*** Material provided

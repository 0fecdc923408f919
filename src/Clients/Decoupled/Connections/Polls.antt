-- ===== src/Clients/Decoupled/Connections/Polls.antt =====
-- The polls and what releases a challenge: the connections behind them.
use geldstrom.Prelude.{
  ℕ, ◌≤◌, ◌≡◌, refl, true, List, Option, none, some, String, ◌==◌, Outcome, ok, raised, arith,
  Bool-cases, inl, inr,
}
use geldstrom.Responses.{Processed}
use geldstrom.Dialog.{Dialog, DialogRaise, Connection}
use geldstrom.Clients.{
  GatewayCredentials, ClientRaise, World, ConnectionContext, at_link, close_connection,
}
use geldstrom.Clients.Connect.Closes.{All-below, without_fresh, finish-live}
use geldstrom.Clients.Fetching.{Operations}
use geldstrom.Clients.Fints3
use geldstrom.Clients.Fints3.{Client, PendingTan}
use geldstrom.Clients.Decoupled.Completion.{Payload}
use geldstrom.Clients.Decoupled.Polling.{
  Formats, is_caught, with_dialog, close_context, cleanup_pending, poll_completed, polled_tan,
  poll_tan, snapshot_pending, disconnect, poll_pending, snapshot_taken, cleaned_up,
}
use geldstrom.Clients.Decoupled.Connections.{
  IsAssigned, IsClear, IsWaiting, IsHeld, HeldBy, Holds, IsClear-IsHeld,
}
use geldstrom.Clients.Decoupled.Connections.Keeps.{Keeps, complete_approved_operation-Keeps}

module _ (c : Connection) (base : List ℕ) where
  open c use {Link}

  -- The connection of a context that waits is closed.
  pub closed-IsClear :
      (ctx : ConnectionContext) (client : Client) (w w' : World Link)
      → IsWaiting c base ctx w
      → client.pending ≡ none
      → IsAssigned client.session_state
      → w'.live ≡ w.live
      → w'.next ≡ w.next
      → IsClear c base client (close_connection ctx.connection w')
  closed-IsClear ctx client w w' waiting free assigned live next =
      let here : (ctx.connection == ctx.connection) ≡ true = ground arith in
      let rest = without_fresh ctx.connection base waiting.newest in
      let below : ctx.connection ≤ w'.next = omega (arith, waiting.used, next) in
      record {
        none_pending = free;
        live = rw live (rw waiting.live (rw here rest));
        numbered = All-below base ctx.connection w'.next below waiting.newest;
        assigned = assigned;
      }

  module _ (formats : Formats) (creds : GatewayCredentials) (reference : String)
      (operations : Operations c) where
    pub closed_context-IsClear :
        (ctx : ConnectionContext) (client : Client) (d : Dialog) (l : Link) (w : World Link)
        → IsWaiting c base ctx w
        → client.pending ≡ none
        → IsAssigned client.session_state
        → IsClear c base client
            (close_context c formats creds reference operations ctx.connection d (at_link l w))
    closed_context-IsClear ctx client d l w waiting free assigned =
        let (live, next) = finish-live creds reference c d (at_link l w) in
        closed-IsClear ctx client w _ waiting free assigned live next

    with_dialog-IsHeld :
        (client : Client) (p : PendingTan) (d : Dialog) (l : Link) (w : World Link)
        → IsWaiting c base p.context w
        → IsAssigned client.session_state
        → IsHeld c base (with_dialog c formats creds reference operations client p d) (at_link l w)
    with_dialog-IsHeld client p d l w waiting assigned = (
      record {
        live = waiting.live;
        newest = waiting.newest;
        used = waiting.used;
        assigned = waiting.assigned;
      },
      assigned,
    )

    poll_completed-Holds :
        (p : PendingTan) (w : World Link) (r : Outcome ClientRaise Payload × Client × Dialog × Link)
        → IsWaiting c base p.context w
        → IsAssigned r.1.session_state
        → Holds c base (poll_completed c formats creds reference operations p w r)
    poll_completed-Holds p w (raised e, client, d, l) waiting assigned =
        with_dialog-IsHeld client p d l w waiting assigned
    poll_completed-Holds p w (ok payload, client, d, l) waiting assigned =
        closed_context-IsClear p.context _ d l w waiting refl assigned

    polled_tan-Holds :
        (client : Client) (p : PendingTan) (w : World Link)
        (r : Outcome DialogRaise (Option Processed) × Dialog × Link)
        → IsWaiting c base p.context w
        → IsAssigned client.session_state
        → Holds c base (polled_tan c formats creds reference operations client p w r)
    unfolding Keeps
    polled_tan-Holds client p w (raised e, d, l) waiting assigned =
        elim (Bool-cases (is_caught e)) [
          | inl caught ↦
              simp caught (closed_context-IsClear p.context _ d l w waiting refl assigned)
          | inr out ↦ simp out (with_dialog-IsHeld client p d l w waiting assigned)
        ]
    polled_tan-Holds client p w (ok none, d, l) waiting assigned =
        with_dialog-IsHeld client p d l w waiting assigned
    polled_tan-Holds client p w (ok (some response), d, l) waiting assigned =
        poll_completed-Holds p w _ waiting
          (complete_approved_operation-Keeps c formats.blobs creds operations p.context.system_id
            waiting.assigned p.operation_type p.operation_meta response client d l assigned).1

    -- By what is pending.
    poll-HeldBy :
        (o : Option PendingTan) (client : Client) (w : World Link)
        → HeldBy c base o client w
        → Holds c base (poll_pending c formats creds reference operations o client w)
          × Holds c base (snapshot_taken c formats creds reference operations o client w)
          × IsClear c base
              (cleaned_up c formats creds reference operations o client w).0
              (cleaned_up c formats creds reference operations o client w).1
    poll-HeldBy none client w clear =
        (IsClear-IsHeld c base client w clear, IsClear-IsHeld c base client w clear, clear)
    poll-HeldBy (some p) client w (waiting, assigned) = (
      polled_tan-Holds client p w _ waiting assigned,
      closed-IsClear p.context _ w w waiting refl assigned refl refl,
      closed_context-IsClear p.context _ p.context.dialog w.link w waiting refl assigned,
    )

    -- A poll, a snapshot, a cleanup and a disconnection leave the challenge that the client then keeps
    -- with its connection, or none; a cleanup and a disconnection none.
    pub polls-IsHeld :
        (client : Client) (w : World Link)
        → IsHeld c base client w
        → Holds c base (poll_tan c formats creds reference operations client w)
          × Holds c base (snapshot_pending c formats creds reference operations client w)
          × IsClear c base
              (cleanup_pending c formats creds reference operations client w).0
              (cleanup_pending c formats creds reference operations client w).1
          × IsClear c base
              (disconnect c formats creds reference operations client w).0
              (disconnect c formats creds reference operations client w).1
    unfolding poll_tan snapshot_pending cleanup_pending disconnect Fints3.disconnect
    polls-IsHeld client w held =
        let (polled, kept, cleared) = poll-HeldBy client.pending client w held in
        (
          polled,
          kept,
          cleared,
          record {
            none_pending = cleared.none_pending;
            live = cleared.live;
            numbered = cleared.numbered;
            assigned = cleared.assigned;
          },
        )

******

§ Exercise objective
Your answer must consist of every line above, transcribed verbatim.

§ Task output
repository 0fecdc923408f919
filename src/Clients/Decoupled/Connections/Polls.antt
-- ===== src/Clients/Decoupled/Connections/Polls.antt =====
-- The polls and what releases a challenge: the connections behind them.
use geldstrom.Prelude.{
  ℕ, ◌≤◌, ◌≡◌, refl, true, List, Option, none, some, String, ◌==◌, Outcome, ok, raised, arith,
  Bool-cases, inl, inr,
}
use geldstrom.Responses.{Processed}
use geldstrom.Dialog.{Dialog, DialogRaise, Connection}
use geldstrom.Clients.{
  GatewayCredentials, ClientRaise, World, ConnectionContext, at_link, close_connection,
}
use geldstrom.Clients.Connect.Closes.{All-below, without_fresh, finish-live}
use geldstrom.Clients.Fetching.{Operations}
use geldstrom.Clients.Fints3
use geldstrom.Clients.Fints3.{Client, PendingTan}
use geldstrom.Clients.Decoupled.Completion.{Payload}
use geldstrom.Clients.Decoupled.Polling.{
  Formats, is_caught, with_dialog, close_context, cleanup_pending, poll_completed, polled_tan,
  poll_tan, snapshot_pending, disconnect, poll_pending, snapshot_taken, cleaned_up,
}
use geldstrom.Clients.Decoupled.Connections.{
  IsAssigned, IsClear, IsWaiting, IsHeld, HeldBy, Holds, IsClear-IsHeld,
}
use geldstrom.Clients.Decoupled.Connections.Keeps.{Keeps, complete_approved_operation-Keeps}

module _ (c : Connection) (base : List ℕ) where
  open c use {Link}

  -- The connection of a context that waits is closed.
  pub closed-IsClear :
      (ctx : ConnectionContext) (client : Client) (w w' : World Link)
      → IsWaiting c base ctx w
      → client.pending ≡ none
      → IsAssigned client.session_state
      → w'.live ≡ w.live
      → w'.next ≡ w.next
      → IsClear c base client (close_connection ctx.connection w')
  closed-IsClear ctx client w w' waiting free assigned live next =
      let here : (ctx.connection == ctx.connection) ≡ true = ground arith in
      let rest = without_fresh ctx.connection base waiting.newest in
      let below : ctx.connection ≤ w'.next = omega (arith, waiting.used, next) in
      record {
        none_pending = free;
        live = rw live (rw waiting.live (rw here rest));
        numbered = All-below base ctx.connection w'.next below waiting.newest;
        assigned = assigned;
      }

  module _ (formats : Formats) (creds : GatewayCredentials) (reference : String)
      (operations : Operations c) where
    pub closed_context-IsClear :
        (ctx : ConnectionContext) (client : Client) (d : Dialog) (l : Link) (w : World Link)
        → IsWaiting c base ctx w
        → client.pending ≡ none
        → IsAssigned client.session_state
        → IsClear c base client
            (close_context c formats creds reference operations ctx.connection d (at_link l w))
    closed_context-IsClear ctx client d l w waiting free assigned =
        let (live, next) = finish-live creds reference c d (at_link l w) in
        closed-IsClear ctx client w _ waiting free assigned live next

    with_dialog-IsHeld :
        (client : Client) (p : PendingTan) (d : Dialog) (l : Link) (w : World Link)
        → IsWaiting c base p.context w
        → IsAssigned client.session_state
        → IsHeld c base (with_dialog c formats creds reference operations client p d) (at_link l w)
    with_dialog-IsHeld client p d l w waiting assigned = (
      record {
        live = waiting.live;
        newest = waiting.newest;
        used = waiting.used;
        assigned = waiting.assigned;
      },
      assigned,
    )

    poll_completed-Holds :
        (p : PendingTan) (w : World Link) (r : Outcome ClientRaise Payload × Client × Dialog × Link)
        → IsWaiting c base p.context w
        → IsAssigned r.1.session_state
        → Holds c base (poll_completed c formats creds reference operations p w r)
    poll_completed-Holds p w (raised e, client, d, l) waiting assigned =
        with_dialog-IsHeld client p d l w waiting assigned
    poll_completed-Holds p w (ok payload, client, d, l) waiting assigned =
        closed_context-IsClear p.context _ d l w waiting refl assigned

    polled_tan-Holds :
        (client : Client) (p : PendingTan) (w : World Link)
        (r : Outcome DialogRaise (Option Processed) × Dialog × Link)
        → IsWaiting c base p.context w
        → IsAssigned client.session_state
        → Holds c base (polled_tan c formats creds reference operations client p w r)
    unfolding Keeps
    polled_tan-Holds client p w (raised e, d, l) waiting assigned =
        elim (Bool-cases (is_caught e)) [
          | inl caught ↦
              simp caught (closed_context-IsClear p.context _ d l w waiting refl assigned)
          | inr out ↦ simp out (with_dialog-IsHeld client p d l w waiting assigned)
        ]
    polled_tan-Holds client p w (ok none, d, l) waiting assigned =
        with_dialog-IsHeld client p d l w waiting assigned
    polled_tan-Holds client p w (ok (some response), d, l) waiting assigned =
        poll_completed-Holds p w _ waiting
          (complete_approved_operation-Keeps c formats.blobs creds operations p.context.system_id
            waiting.assigned p.operation_type p.operation_meta response client d l assigned).1

    -- By what is pending.
    poll-HeldBy :
        (o : Option PendingTan) (client : Client) (w : World Link)
        → HeldBy c base o client w
        → Holds c base (poll_pending c formats creds reference operations o client w)
          × Holds c base (snapshot_taken c formats creds reference operations o client w)
          × IsClear c base
              (cleaned_up c formats creds reference operations o client w).0
              (cleaned_up c formats creds reference operations o client w).1
    poll-HeldBy none client w clear =
        (IsClear-IsHeld c base client w clear, IsClear-IsHeld c base client w clear, clear)
    poll-HeldBy (some p) client w (waiting, assigned) = (
      polled_tan-Holds client p w _ waiting assigned,
      closed-IsClear p.context _ w w waiting refl assigned refl refl,
      closed_context-IsClear p.context _ p.context.dialog w.link w waiting refl assigned,
    )

    -- A poll, a snapshot, a cleanup and a disconnection leave the challenge that the client then keeps
    -- with its connection, or none; a cleanup and a disconnection none.
    pub polls-IsHeld :
        (client : Client) (w : World Link)
        → IsHeld c base client w
        → Holds c base (poll_tan c formats creds reference operations client w)
          × Holds c base (snapshot_pending c formats creds reference operations client w)
          × IsClear c base
              (cleanup_pending c formats creds reference operations client w).0
              (cleanup_pending c formats creds reference operations client w).1
          × IsClear c base
              (disconnect c formats creds reference operations client w).0
              (disconnect c formats creds reference operations client w).1
    unfolding poll_tan snapshot_pending cleanup_pending disconnect Fints3.disconnect
    polls-IsHeld client w held =
        let (polled, kept, cleared) = poll-HeldBy client.pending client w held in
        (
          polled,
          kept,
          cleared,
          record {
            none_pending = cleared.none_pending;
            live = cleared.live;
            numbered = cleared.numbered;
            assigned = cleared.assigned;
          },
        )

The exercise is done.